As for alternatives, my solution would depend on the problem. If the strings were fairly consistent, I would likely simply duplicate everything knowing that any formatting changes can likely be addressed using a bulk edit via find and replace. If the strings were not consistent, I would look at breaking up the methods in a way that would allow me to verify the code branches using as little duplication as possible, e.g. if I wanted to test a string that dynamically changed based on a few variables, I would look to test those variables independently, and then only have a few tests for the formatting.

A concrete example will likely help here. Say I'm writing a trading system and I need to display messages such as

"paid 10 on 15 APPL. $7 Commission. spent: $157"
"paid 1 on 15 VTI. Commission free. spent: $15"
"sold 15 APPL at 20. $7 Commission. collected: $293"
"sold 15 VTI at 2. Commission free. collected: $30"
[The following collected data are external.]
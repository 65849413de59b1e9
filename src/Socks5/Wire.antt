-- ===== src/Socks5/Wire.antt =====
-- The constants and types of socks5/request.go, socks5/auth.go and socks5/socks5.go, and the parts of
-- Go's `net.IP` that they use.
use qtun.Base.{
  ℕ, ite, Option, none, some, [], ◌∷◌, ◌++◌, bytes_discrete, ◌==◌, if◌then◌else◌, length, take,
  drop, replicate, Bytes, ℕ_key, bytes_key, get_elem?, index_out_of_range, ok, panic, Action,
}
use qtun.Stream.{IoError}

abbrev pub socks5_version : ℕ
socks5_version = 5

abbrev pub connect_command : ℕ
connect_command = 1

abbrev pub bind_command : ℕ
bind_command = 2

abbrev pub associate_command : ℕ
associate_command = 3

abbrev pub ipv4_address : ℕ
ipv4_address = 1

abbrev pub fqdn_address : ℕ
fqdn_address = 3

abbrev pub ipv6_address : ℕ
ipv6_address = 4

abbrev pub success_reply : ℕ
success_reply = 0

abbrev pub rule_failure : ℕ
rule_failure = 2

abbrev pub network_unreachable : ℕ
network_unreachable = 3

abbrev pub host_unreachable : ℕ
host_unreachable = 4

abbrev pub connection_refused : ℕ
connection_refused = 5

abbrev pub command_not_supported : ℕ
command_not_supported = 7

abbrev pub addr_type_not_supported : ℕ
addr_type_not_supported = 8

abbrev pub no_auth : ℕ
no_auth = 0

abbrev pub no_acceptable : ℕ
no_acceptable = 255

abbrev pub user_pass_auth : ℕ
user_pass_auth = 2

abbrev pub user_auth_version : ℕ
user_auth_version = 1

abbrev pub auth_success : ℕ
auth_success = 0

abbrev pub auth_failure : ℕ
auth_failure = 1

pub record AddrSpec : Type 0 where
  pub fqdn : Bytes
  pub ip : Bytes
  pub port : ℕ

-- `&AddrSpec{}`
abbrev pub empty_addr : AddrSpec
empty_addr = record { fqdn = []; ip = []; port = 0 }

-- What to dial: `Address` joins a host and the port, the host being an IP if there is one.
pub data DialAddress : Type 0 where
  ip_port : Bytes → ℕ → DialAddress
  name_port : Bytes → ℕ → DialAddress

-- `Address`; `net.JoinHostPort` and `IP.String` are left to the reader of the value.
unfoldable pub address : AddrSpec → DialAddress
address a = elim a.ip [ [] ↦ name_port a.fqdn a.port | b ∷ bs ↦ ip_port (b ∷ bs) a.port ]

-- `AuthContext`: the method, and the payload, nil or `{"Username": user}`.
pub record AuthContext : Type 0 where
  pub method : ℕ
  pub username : Option Bytes

pub record Request : Type 0 where
  pub version : ℕ
  pub command : ℕ
  pub auth_context : Option AuthContext
  pub remote_addr : Option AddrSpec
  pub dest_addr : AddrSpec
  pub real_dest_addr : Option AddrSpec

-- The errors, one constructor for each text.
pub data SocksError : Type 0 where
  io : IoError → SocksError
  unrecognized_addr_type : SocksError
  command_version_unread : IoError → SocksError
  unsupported_command_version : ℕ → SocksError
  unformattable_address : AddrSpec → SocksError
  send_reply_failed : SocksError → SocksError
  resolve_failed : Bytes → Bytes → SocksError
  unsupported_command : ℕ → SocksError
  blocked_by_rules : ℕ → AddrSpec → SocksError
  connect_failed : AddrSpec → Bytes → SocksError
  user_auth_failed : SocksError
  no_supported_auth : SocksError
  unsupported_auth_version : ℕ → SocksError
  auth_methods_unread : IoError → SocksError
  unsupported_socks_version : ℕ → SocksError
  authenticate_failed : SocksError → SocksError
  destination_unread : SocksError → SocksError
  handle_failed : SocksError → SocksError

-- `::ffff:0:0/96`, the prefix of an IPv4 address in sixteen bytes.
abbrev pub v4_in_v6_prefix : Bytes
v4_in_v6_prefix = replicate 10 0 ++ (0xff ∷ 0xff ∷ [])

-- `IP.To4()`
unfoldable pub to4 : Bytes → Option Bytes
unfolding bytes_discrete
to4 ip =
    if length ip == 4
    then some ip
    else if length ip == 16
    then ite (bytes_discrete (take 12 ip) v4_in_v6_prefix) (some (drop 12 ip)) none
    else none

-- `IP.To16()`
unfoldable pub to16 : Bytes → Option Bytes
to16 ip =
    if length ip == 4
    then some (v4_in_v6_prefix ++ ip)
    else if length ip == 16
    then some ip
    else none

-- `p[i]`, which panics out of range.
abbrev pub byte_at {ℓ κ} : {S : Type ℓ} {E : Type κ} → Bytes → ℕ → Action S E ℕ
byte_at p i s = elim (get_elem? p i) [ none ↦ (panic index_out_of_range, s) | some b ↦ (ok b, s) ]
There's quite a bit of variation in those messages. You could have 1 function that creates the entire string:
confirmMsg(side, size, px, ticker)

However, I think you'd end up with quite a few verbose tests. Given this problem, I would look to break down those strings into smaller, more focused functions, for example:

describeOrder(side, size, px, ticker)
describeCommission(ticker)
describeTotal(side, size, px, ticker)

Now that you've broken down the function, you're free to test the code paths of the more focused functions, and the test for confirmMsg becomes trivial. Something along the lines of
assertEquals("paid 10 on 15 APPL",
  describeOrder("buy", 10, 15, {tickerName:"APPL",commission:"standard"}))
assertEquals("sell 15 APPL at 10",
  describeOrder("sell", 10, 15, {tickerName:"APPL",commission:"standard"}))

assertEquals("$7 Commission", 
  describeCommission({tickerName:"APPL",commission:"standard"}))
assertEquals("Commission free", 
  describeCommission({tickerName:"APPL",commission:"free"}))
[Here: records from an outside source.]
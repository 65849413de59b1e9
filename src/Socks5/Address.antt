-- ===== src/Socks5/Address.antt =====
-- socks5/request.go: an address on the wire, both ways, and the head of a request.
pub mod Read
pub mod Reply
use qtun.Base.{
  ℕ, ◌*◌, ◌/◌, ◌%◌, ◌^◌, Option, none, some, ◌∷◌, ◌++◌, ◌==◌, if◌then◌else◌, length, get_elem?,
  Bytes, Result, ok, err, panic, Action, pure, fail, wrap, [], ◌>>=◌, ◌>>◌,
}
use qtun.Stream.{Stream, read_byte, read_full, write}
use Prim.Native.Nat.{bit_or}
use qtun.Socks5.Wire.{
  socks5_version, ipv4_address, fqdn_address, ipv6_address, AddrSpec, empty_addr, Request,
  SocksError, io, unrecognized_addr_type, command_version_unread, unsupported_command_version,
  unformattable_address, to4, to16, byte_at,
}

-- `(int(port[0]) << 8) | int(port[1])`
unfoldable pub port_of : Bytes → Action Stream SocksError ℕ
port_of port = do hi ← byte_at port 0; lo ← byte_at port 1; pure (bit_or (hi * 2 ^ 8) lo)

-- `readAddrSpec` between the type and the port.
unfoldable pub read_host : ℕ → Action Stream SocksError AddrSpec
read_host addr_type =
    if addr_type == ipv4_address
    then (do addr ← wrap io (read_full 4); pure (record empty_addr { ip = addr }))
    else if addr_type == ipv6_address
    then (do addr ← wrap io (read_full 16); pure (record empty_addr { ip = addr }))
    else if addr_type == fqdn_address
    then (do
      addr_len ← wrap io read_byte
      fqdn ← wrap io (read_full addr_len)
      pure (record empty_addr { fqdn = fqdn }))
    else fail unrecognized_addr_type

unfoldable pub read_addr_spec : Action Stream SocksError AddrSpec
unfolding port_of
read_addr_spec = do
  addr_type ← wrap io read_byte
  d ← read_host addr_type
  bytes ← wrap io (read_full 2)
  port ← port_of bytes
  pure (record d { port = port })

unfoldable pub request_from : Bytes → Action Stream SocksError Request
request_from header = do
  version ← byte_at header 0
  if version == socks5_version
      then (do
        dest ← read_addr_spec
        command ← byte_at header 1
        pure (record {
          version = socks5_version;
          command = command;
          auth_context = none;
          remote_addr = none;
          dest_addr = dest;
          real_dest_addr = none;
        }))
      else fail (unsupported_command_version version)

-- `NewRequest`
unfoldable pub new_request : Action Stream SocksError Request
unfolding request_from
new_request = do header ← wrap command_version_unread (read_full 3); request_from header

-- The address type, the address body and the port of a reply; `none` where no case applies.
unfoldable pub format_host : AddrSpec → Option (ℕ × Bytes)
format_host a = elim a.fqdn [
  | b ∷ bs ↦ some (fqdn_address, (length (b ∷ bs) % 256) ∷ (b ∷ bs))
  | [] ↦ elim (to4 a.ip) [
    | some v4 ↦ some (ipv4_address, v4)
    | none ↦ elim (to16 a.ip) [ some v16 ↦ some (ipv6_address, v16) | none ↦ none ]
  ]
]

-- The message: version, reply code, reserved, the address and its port.
unfoldable pub reply_message : ℕ → ℕ → Bytes → ℕ → Bytes
reply_message resp addr_type addr_body addr_port =
    socks5_version
    ∷ resp
    ∷ 0
    ∷ addr_type
    ∷ (addr_body ++ ((addr_port / 2 ^ 8 % 256) ∷ (addr_port % 256) ∷ []))

unfoldable pub reply_of : ℕ → Option AddrSpec → Result SocksError Bytes
unfolding reply_message format_host
reply_of resp none = ok (reply_message resp ipv4_address (0 ∷ 0 ∷ 0 ∷ 0 ∷ []) 0)
reply_of resp (some a) = elim (format_host a) [
  | some (addr_type, addr_body) ↦ ok (reply_message resp addr_type addr_body (a.port % 2 ^ 16))
  | none ↦ err (unformattable_address a)
]

-- `sendReply`
unfoldable pub send_reply : ℕ → Option AddrSpec → Action Stream SocksError (Unit {0})
unfolding reply_of
send_reply resp addr s = elim (reply_of resp addr) [
  | ok msg ↦ wrap io (write msg) s
  | err e ↦ (err e, s)
  | panic p ↦ (panic p, s)
]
assertEquals("spent: $157", 
  describeOrder("buy", 10, 15, {tickerName:"APPL",commission:"standard"}))
assertEquals("collected: $143", 
  describeOrder("sell", 10, 15, {tickerName:"APPL",commission:"standard"}))
assertEquals("spent: $150", 
  describeOrder("buy", 10, 15, {tickerName:"APPL",commission:"free"}))
assertEquals("collected: $150", 
  describeOrder("sell", 10, 15, {tickerName:"APPL",commission:"free"}))

assertEquals("order. commission. total", 
  confirmMsg("order", "commission", "total"))
I guess I could summarize it by saying, I should be able to easily find and replace my expected literals. If I cannot, then I have an opportunity to further break down a method and write more focused tests on the newly introduced, more granular tests.